## Exercise objective
In the data below, one line contains "items_of [] = end" and a later one contains "pub message : m.message ≡ true". Print both, with every line between them, exactly and alone.

## Data supplied

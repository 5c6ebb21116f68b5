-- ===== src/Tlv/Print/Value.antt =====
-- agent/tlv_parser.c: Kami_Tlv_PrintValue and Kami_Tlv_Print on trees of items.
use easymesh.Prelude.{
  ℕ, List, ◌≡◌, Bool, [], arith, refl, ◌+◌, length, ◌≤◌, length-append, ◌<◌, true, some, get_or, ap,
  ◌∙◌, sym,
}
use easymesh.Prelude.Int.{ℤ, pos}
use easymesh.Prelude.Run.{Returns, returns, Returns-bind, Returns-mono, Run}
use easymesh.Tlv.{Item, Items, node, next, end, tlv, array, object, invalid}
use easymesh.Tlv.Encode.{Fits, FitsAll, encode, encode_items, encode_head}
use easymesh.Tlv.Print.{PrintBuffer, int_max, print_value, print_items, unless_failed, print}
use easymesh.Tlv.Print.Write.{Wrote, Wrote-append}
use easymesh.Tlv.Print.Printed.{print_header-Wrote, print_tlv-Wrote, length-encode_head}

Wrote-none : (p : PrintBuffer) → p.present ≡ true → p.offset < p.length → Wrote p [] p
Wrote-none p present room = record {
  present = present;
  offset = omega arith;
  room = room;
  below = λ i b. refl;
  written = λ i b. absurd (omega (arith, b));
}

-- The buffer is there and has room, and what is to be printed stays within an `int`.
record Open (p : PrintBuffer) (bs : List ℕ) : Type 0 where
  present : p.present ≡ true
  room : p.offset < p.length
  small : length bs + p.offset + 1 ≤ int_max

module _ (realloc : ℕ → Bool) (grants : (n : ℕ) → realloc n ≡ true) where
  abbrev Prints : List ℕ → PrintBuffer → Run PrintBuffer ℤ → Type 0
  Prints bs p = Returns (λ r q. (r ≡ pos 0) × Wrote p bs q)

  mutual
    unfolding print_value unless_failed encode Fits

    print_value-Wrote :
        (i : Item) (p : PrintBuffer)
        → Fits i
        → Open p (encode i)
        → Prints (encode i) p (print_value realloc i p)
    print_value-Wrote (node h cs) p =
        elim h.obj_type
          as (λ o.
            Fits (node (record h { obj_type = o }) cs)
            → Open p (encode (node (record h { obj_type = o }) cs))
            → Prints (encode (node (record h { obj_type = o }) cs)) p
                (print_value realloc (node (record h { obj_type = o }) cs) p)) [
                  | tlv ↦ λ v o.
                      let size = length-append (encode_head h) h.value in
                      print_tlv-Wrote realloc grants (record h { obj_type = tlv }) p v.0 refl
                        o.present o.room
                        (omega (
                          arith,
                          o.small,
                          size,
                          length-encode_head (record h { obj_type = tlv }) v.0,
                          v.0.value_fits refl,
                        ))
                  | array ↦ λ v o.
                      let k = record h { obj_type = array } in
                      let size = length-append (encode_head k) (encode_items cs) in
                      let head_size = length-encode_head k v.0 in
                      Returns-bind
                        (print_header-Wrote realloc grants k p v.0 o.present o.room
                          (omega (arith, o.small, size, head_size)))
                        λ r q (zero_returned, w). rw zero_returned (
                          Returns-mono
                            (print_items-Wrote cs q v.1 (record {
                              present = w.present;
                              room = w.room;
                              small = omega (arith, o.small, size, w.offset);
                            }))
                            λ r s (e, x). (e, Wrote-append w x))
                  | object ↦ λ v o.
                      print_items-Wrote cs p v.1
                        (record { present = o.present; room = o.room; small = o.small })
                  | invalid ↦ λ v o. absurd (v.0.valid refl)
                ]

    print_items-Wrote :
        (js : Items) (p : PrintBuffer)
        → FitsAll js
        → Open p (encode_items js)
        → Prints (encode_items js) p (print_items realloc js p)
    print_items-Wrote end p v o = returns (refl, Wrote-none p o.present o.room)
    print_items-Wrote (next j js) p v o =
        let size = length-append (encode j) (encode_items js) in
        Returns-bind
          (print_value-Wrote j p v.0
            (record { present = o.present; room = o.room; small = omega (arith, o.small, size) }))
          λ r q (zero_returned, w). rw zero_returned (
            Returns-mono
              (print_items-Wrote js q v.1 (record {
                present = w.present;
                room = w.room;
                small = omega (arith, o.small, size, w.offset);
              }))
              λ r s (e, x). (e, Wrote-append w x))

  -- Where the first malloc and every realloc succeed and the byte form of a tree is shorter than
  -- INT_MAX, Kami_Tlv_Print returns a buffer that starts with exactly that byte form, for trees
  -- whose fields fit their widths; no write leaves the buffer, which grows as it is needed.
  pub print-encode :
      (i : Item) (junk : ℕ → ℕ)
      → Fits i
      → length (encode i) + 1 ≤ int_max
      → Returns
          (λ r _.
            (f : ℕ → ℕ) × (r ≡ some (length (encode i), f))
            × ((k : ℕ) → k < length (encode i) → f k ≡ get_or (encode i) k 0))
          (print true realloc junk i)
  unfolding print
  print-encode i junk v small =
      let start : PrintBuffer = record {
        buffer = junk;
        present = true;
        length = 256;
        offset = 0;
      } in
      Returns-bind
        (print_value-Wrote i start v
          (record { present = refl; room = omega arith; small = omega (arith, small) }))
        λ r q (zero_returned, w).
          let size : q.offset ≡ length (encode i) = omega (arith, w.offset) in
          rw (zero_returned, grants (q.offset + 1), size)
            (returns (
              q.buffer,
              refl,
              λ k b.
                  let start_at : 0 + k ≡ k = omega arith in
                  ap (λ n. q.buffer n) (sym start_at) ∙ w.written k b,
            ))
---
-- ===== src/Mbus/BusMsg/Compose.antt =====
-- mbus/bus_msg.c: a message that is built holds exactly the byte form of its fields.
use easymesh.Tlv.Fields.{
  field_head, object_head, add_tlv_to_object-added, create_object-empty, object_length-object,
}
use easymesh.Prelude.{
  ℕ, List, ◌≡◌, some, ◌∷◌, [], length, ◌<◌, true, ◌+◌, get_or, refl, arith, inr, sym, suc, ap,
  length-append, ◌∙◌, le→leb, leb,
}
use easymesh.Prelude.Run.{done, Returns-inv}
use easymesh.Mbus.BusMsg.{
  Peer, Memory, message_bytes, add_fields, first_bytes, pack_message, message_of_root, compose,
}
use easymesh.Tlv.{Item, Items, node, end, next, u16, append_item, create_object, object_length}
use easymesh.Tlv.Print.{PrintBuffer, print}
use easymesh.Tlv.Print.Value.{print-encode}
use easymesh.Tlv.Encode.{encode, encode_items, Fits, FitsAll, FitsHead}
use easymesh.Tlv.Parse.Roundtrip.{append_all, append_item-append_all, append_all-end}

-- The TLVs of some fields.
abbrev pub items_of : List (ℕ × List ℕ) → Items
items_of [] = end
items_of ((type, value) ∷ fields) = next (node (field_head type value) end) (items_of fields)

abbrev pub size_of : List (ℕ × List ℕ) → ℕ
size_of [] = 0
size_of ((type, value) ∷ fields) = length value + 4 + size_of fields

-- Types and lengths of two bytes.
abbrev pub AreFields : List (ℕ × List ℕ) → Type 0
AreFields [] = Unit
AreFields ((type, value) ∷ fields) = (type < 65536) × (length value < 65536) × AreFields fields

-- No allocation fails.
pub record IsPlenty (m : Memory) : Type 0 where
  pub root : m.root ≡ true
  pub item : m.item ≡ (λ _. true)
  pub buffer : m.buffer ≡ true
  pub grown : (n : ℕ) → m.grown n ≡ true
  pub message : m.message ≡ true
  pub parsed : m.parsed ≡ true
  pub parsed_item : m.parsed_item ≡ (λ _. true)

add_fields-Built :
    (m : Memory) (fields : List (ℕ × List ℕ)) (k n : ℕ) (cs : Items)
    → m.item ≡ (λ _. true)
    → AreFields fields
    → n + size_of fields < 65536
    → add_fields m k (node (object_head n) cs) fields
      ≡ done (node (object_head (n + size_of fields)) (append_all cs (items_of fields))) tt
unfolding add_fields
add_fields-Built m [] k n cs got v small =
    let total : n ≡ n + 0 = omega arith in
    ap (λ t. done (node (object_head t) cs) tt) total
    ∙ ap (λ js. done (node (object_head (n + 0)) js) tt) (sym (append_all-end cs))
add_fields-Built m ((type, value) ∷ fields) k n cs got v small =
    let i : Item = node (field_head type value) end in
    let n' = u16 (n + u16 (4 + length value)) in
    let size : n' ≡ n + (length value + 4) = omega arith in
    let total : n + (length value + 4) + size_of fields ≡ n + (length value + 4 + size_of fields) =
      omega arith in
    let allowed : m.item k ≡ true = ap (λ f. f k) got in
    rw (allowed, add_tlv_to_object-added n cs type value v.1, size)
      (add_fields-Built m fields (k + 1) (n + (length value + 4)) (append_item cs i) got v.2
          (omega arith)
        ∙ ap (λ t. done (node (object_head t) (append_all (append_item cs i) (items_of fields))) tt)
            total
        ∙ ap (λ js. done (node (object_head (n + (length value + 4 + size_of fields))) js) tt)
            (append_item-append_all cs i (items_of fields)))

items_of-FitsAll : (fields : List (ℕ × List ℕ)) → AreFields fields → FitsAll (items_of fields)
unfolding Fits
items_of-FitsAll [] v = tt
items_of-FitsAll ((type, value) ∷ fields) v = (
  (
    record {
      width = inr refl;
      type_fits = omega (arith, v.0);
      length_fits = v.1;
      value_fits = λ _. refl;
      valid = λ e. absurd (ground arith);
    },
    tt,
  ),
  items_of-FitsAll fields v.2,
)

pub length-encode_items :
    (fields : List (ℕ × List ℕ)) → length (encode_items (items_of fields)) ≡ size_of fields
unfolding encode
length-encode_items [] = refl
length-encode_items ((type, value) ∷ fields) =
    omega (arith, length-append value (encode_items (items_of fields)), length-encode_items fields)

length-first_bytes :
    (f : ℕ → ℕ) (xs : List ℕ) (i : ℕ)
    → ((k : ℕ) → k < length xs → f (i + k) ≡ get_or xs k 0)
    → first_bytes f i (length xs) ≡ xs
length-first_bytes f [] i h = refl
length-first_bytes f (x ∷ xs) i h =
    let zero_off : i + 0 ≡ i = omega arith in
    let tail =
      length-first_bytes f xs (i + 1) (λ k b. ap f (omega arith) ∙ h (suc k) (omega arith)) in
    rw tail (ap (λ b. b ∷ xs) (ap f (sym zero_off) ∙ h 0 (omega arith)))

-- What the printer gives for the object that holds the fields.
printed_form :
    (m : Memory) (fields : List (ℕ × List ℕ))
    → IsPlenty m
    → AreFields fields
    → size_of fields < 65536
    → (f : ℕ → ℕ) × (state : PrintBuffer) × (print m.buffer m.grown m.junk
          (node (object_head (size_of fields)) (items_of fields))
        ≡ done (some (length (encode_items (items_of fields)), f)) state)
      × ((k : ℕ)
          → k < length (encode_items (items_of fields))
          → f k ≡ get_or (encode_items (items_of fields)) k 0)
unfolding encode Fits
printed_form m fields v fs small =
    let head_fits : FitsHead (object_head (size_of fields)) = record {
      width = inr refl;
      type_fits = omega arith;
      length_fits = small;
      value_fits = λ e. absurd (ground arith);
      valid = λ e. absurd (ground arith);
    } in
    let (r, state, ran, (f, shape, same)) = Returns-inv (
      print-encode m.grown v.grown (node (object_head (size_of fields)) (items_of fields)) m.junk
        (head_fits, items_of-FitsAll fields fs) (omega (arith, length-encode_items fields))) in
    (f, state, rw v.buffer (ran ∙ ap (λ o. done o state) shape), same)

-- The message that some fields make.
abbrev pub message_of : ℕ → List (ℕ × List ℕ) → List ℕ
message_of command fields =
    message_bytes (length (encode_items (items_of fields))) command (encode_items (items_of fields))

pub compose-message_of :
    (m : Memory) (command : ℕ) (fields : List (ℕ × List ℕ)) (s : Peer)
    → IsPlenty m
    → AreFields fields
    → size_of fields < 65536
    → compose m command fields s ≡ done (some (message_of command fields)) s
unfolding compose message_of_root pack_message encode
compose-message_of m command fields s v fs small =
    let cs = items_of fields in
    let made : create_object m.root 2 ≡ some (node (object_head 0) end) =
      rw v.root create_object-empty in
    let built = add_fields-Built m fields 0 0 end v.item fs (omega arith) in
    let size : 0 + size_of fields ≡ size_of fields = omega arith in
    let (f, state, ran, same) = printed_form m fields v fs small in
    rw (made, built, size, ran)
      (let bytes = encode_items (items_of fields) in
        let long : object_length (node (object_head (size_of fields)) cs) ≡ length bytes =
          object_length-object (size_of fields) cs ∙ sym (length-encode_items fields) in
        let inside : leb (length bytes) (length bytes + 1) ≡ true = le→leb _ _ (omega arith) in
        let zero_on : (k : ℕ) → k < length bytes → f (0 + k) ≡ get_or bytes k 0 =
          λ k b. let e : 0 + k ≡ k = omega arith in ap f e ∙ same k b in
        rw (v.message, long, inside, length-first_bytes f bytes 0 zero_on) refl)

## The answer
items_of [] = end
items_of ((type, value) ∷ fields) = next (node (field_head type value) end) (items_of fields)

abbrev pub size_of : List (ℕ × List ℕ) → ℕ
size_of [] = 0
size_of ((type, value) ∷ fields) = length value + 4 + size_of fields

-- Types and lengths of two bytes.
abbrev pub AreFields : List (ℕ × List ℕ) → Type 0
AreFields [] = Unit
AreFields ((type, value) ∷ fields) = (type < 65536) × (length value < 65536) × AreFields fields

-- No allocation fails.
pub record IsPlenty (m : Memory) : Type 0 where
  pub root : m.root ≡ true
  pub item : m.item ≡ (λ _. true)
  pub buffer : m.buffer ≡ true
  pub grown : (n : ℕ) → m.grown n ≡ true
  pub message : m.message ≡ true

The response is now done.